- **What needs to be done**
Look below for the line that has "xs → Sorted (x ∷ xs)". Set down the lines from there through the line that has "no_future : Future t []", exactly as written.

- **Stored entries**
____________

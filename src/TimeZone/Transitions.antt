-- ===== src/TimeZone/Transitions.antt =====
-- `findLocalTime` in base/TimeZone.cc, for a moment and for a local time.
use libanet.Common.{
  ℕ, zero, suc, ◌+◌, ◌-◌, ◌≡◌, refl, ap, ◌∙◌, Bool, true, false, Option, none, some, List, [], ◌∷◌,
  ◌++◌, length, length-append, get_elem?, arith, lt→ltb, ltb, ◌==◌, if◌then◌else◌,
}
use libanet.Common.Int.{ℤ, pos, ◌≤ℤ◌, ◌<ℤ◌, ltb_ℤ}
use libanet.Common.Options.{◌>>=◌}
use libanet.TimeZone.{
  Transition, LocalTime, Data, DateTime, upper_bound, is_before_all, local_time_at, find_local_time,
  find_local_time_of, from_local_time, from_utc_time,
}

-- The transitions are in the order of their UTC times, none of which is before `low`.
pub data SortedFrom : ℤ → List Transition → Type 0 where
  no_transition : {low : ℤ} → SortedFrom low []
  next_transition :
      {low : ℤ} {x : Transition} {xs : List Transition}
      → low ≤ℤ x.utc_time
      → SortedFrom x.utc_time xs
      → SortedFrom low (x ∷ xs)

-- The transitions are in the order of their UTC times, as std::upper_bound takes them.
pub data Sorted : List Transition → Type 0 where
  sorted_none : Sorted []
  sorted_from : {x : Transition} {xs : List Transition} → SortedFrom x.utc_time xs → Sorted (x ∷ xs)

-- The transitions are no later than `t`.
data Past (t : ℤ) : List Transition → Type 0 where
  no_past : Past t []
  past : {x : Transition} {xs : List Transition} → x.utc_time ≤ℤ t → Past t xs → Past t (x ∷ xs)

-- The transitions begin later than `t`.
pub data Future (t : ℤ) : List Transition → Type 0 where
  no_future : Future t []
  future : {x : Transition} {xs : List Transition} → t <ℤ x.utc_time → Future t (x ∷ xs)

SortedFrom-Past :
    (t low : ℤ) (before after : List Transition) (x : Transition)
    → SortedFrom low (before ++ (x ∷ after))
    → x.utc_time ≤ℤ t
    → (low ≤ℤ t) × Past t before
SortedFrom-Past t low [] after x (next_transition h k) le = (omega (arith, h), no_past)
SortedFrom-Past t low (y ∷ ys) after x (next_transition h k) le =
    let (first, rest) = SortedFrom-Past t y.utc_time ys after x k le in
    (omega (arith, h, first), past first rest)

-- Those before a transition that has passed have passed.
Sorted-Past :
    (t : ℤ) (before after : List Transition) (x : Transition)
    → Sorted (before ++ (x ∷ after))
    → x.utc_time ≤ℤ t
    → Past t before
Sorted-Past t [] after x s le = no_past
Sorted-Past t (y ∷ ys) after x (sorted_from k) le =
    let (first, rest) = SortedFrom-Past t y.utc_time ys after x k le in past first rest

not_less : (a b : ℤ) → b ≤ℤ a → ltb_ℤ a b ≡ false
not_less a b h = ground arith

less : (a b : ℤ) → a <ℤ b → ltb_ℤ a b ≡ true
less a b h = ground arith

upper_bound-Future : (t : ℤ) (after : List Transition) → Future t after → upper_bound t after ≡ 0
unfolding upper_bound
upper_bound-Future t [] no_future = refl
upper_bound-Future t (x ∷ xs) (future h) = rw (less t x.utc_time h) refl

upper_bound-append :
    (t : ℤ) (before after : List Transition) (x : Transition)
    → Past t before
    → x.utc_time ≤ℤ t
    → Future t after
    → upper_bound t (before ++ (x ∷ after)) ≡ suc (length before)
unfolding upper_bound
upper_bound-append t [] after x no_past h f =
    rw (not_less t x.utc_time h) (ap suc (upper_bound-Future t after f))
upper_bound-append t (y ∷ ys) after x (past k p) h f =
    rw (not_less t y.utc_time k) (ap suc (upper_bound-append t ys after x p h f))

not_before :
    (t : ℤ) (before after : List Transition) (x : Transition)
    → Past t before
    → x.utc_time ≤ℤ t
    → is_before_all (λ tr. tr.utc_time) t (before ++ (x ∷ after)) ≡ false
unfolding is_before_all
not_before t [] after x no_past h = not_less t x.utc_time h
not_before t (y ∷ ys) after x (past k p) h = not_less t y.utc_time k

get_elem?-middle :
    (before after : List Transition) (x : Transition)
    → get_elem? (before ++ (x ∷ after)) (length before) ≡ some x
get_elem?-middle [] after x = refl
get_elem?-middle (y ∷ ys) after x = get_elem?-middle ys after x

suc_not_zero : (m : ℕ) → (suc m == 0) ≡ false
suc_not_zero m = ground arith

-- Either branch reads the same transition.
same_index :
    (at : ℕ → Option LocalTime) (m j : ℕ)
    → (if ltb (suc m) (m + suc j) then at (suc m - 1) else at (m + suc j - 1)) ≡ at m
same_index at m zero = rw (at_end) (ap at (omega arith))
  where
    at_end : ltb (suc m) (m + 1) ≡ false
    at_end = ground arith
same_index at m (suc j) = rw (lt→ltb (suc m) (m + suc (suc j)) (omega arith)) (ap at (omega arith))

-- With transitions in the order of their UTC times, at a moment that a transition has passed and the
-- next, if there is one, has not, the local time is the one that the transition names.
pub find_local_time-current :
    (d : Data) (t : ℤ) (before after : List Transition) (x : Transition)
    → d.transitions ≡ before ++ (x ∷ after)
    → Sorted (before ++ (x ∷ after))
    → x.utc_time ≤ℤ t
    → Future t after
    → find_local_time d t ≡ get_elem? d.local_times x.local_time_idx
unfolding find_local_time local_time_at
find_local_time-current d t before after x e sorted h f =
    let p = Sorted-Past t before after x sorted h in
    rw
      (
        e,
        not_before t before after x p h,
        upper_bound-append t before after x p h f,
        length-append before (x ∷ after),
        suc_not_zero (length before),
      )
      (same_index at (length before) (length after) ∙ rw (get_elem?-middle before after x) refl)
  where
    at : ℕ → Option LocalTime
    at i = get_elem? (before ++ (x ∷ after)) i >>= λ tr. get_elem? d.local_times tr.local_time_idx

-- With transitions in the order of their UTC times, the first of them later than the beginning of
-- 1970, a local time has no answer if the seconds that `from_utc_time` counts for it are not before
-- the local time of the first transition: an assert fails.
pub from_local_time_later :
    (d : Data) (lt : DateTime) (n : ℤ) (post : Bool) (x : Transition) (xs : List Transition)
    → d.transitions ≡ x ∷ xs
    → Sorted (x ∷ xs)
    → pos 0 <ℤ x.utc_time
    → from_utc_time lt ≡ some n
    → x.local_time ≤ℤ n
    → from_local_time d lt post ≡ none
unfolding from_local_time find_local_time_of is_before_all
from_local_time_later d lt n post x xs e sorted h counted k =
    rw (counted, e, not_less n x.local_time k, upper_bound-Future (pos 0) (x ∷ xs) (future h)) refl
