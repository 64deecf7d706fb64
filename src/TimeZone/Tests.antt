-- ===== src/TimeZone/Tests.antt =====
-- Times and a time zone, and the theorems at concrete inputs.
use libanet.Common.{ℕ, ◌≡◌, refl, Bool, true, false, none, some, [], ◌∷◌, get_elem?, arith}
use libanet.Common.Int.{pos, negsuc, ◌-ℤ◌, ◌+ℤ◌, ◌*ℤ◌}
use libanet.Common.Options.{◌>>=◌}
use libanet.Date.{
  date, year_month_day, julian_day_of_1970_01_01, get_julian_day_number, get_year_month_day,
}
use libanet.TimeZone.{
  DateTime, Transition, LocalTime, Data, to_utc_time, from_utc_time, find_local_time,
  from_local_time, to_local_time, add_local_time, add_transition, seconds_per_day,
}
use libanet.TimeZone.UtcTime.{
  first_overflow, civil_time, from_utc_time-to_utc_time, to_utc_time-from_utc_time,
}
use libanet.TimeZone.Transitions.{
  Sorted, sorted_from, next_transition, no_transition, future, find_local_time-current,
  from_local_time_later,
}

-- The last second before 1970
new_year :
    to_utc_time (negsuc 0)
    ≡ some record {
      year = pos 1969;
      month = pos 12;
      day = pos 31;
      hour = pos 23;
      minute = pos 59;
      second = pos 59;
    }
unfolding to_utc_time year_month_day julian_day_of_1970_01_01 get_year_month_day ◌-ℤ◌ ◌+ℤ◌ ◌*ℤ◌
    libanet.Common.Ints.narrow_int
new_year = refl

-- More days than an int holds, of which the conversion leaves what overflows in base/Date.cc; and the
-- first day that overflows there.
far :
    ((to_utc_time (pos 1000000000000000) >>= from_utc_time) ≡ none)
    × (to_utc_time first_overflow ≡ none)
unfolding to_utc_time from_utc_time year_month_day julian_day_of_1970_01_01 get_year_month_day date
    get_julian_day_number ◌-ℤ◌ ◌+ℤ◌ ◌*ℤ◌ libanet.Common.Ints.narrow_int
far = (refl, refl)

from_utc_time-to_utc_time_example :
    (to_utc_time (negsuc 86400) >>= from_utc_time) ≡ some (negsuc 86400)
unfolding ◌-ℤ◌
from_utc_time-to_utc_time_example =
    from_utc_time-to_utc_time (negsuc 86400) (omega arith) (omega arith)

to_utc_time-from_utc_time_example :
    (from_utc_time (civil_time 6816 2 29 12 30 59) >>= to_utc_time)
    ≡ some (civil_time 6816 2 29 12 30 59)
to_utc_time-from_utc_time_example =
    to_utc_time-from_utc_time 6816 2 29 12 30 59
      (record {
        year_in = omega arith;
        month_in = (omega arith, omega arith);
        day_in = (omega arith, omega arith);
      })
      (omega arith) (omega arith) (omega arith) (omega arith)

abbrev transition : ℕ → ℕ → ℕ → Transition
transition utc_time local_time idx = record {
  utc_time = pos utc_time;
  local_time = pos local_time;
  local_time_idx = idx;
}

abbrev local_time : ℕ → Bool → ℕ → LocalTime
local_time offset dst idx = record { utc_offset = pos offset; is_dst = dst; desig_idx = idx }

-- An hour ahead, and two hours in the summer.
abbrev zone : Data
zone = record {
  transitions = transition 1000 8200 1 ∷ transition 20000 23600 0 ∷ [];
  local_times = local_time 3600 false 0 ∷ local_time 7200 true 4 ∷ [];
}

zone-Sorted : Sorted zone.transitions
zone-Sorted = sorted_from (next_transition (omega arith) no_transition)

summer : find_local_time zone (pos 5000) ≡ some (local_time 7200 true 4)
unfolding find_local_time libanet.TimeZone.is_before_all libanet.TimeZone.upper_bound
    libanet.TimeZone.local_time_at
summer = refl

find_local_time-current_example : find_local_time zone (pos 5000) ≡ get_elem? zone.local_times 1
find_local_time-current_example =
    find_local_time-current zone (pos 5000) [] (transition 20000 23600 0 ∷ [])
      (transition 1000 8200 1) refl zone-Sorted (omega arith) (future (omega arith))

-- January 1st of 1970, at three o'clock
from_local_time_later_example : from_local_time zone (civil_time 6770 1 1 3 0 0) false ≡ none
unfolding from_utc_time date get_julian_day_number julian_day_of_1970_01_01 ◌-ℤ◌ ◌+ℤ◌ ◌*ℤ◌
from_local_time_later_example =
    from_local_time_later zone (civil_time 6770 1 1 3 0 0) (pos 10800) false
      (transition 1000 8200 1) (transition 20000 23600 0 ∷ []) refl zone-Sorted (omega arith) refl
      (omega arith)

____________

- **Solved exercise**
  sorted_from : {x : Transition} {xs : List Transition} → SortedFrom x.utc_time xs → Sorted (x ∷ xs)

-- The transitions are no later than `t`.
data Past (t : ℤ) : List Transition → Type 0 where
  no_past : Past t []
  past : {x : Transition} {xs : List Transition} → x.utc_time ≤ℤ t → Past t xs → Past t (x ∷ xs)

-- The transitions begin later than `t`.
pub data Future (t : ℤ) : List Transition → Type 0 where
  no_future : Future t []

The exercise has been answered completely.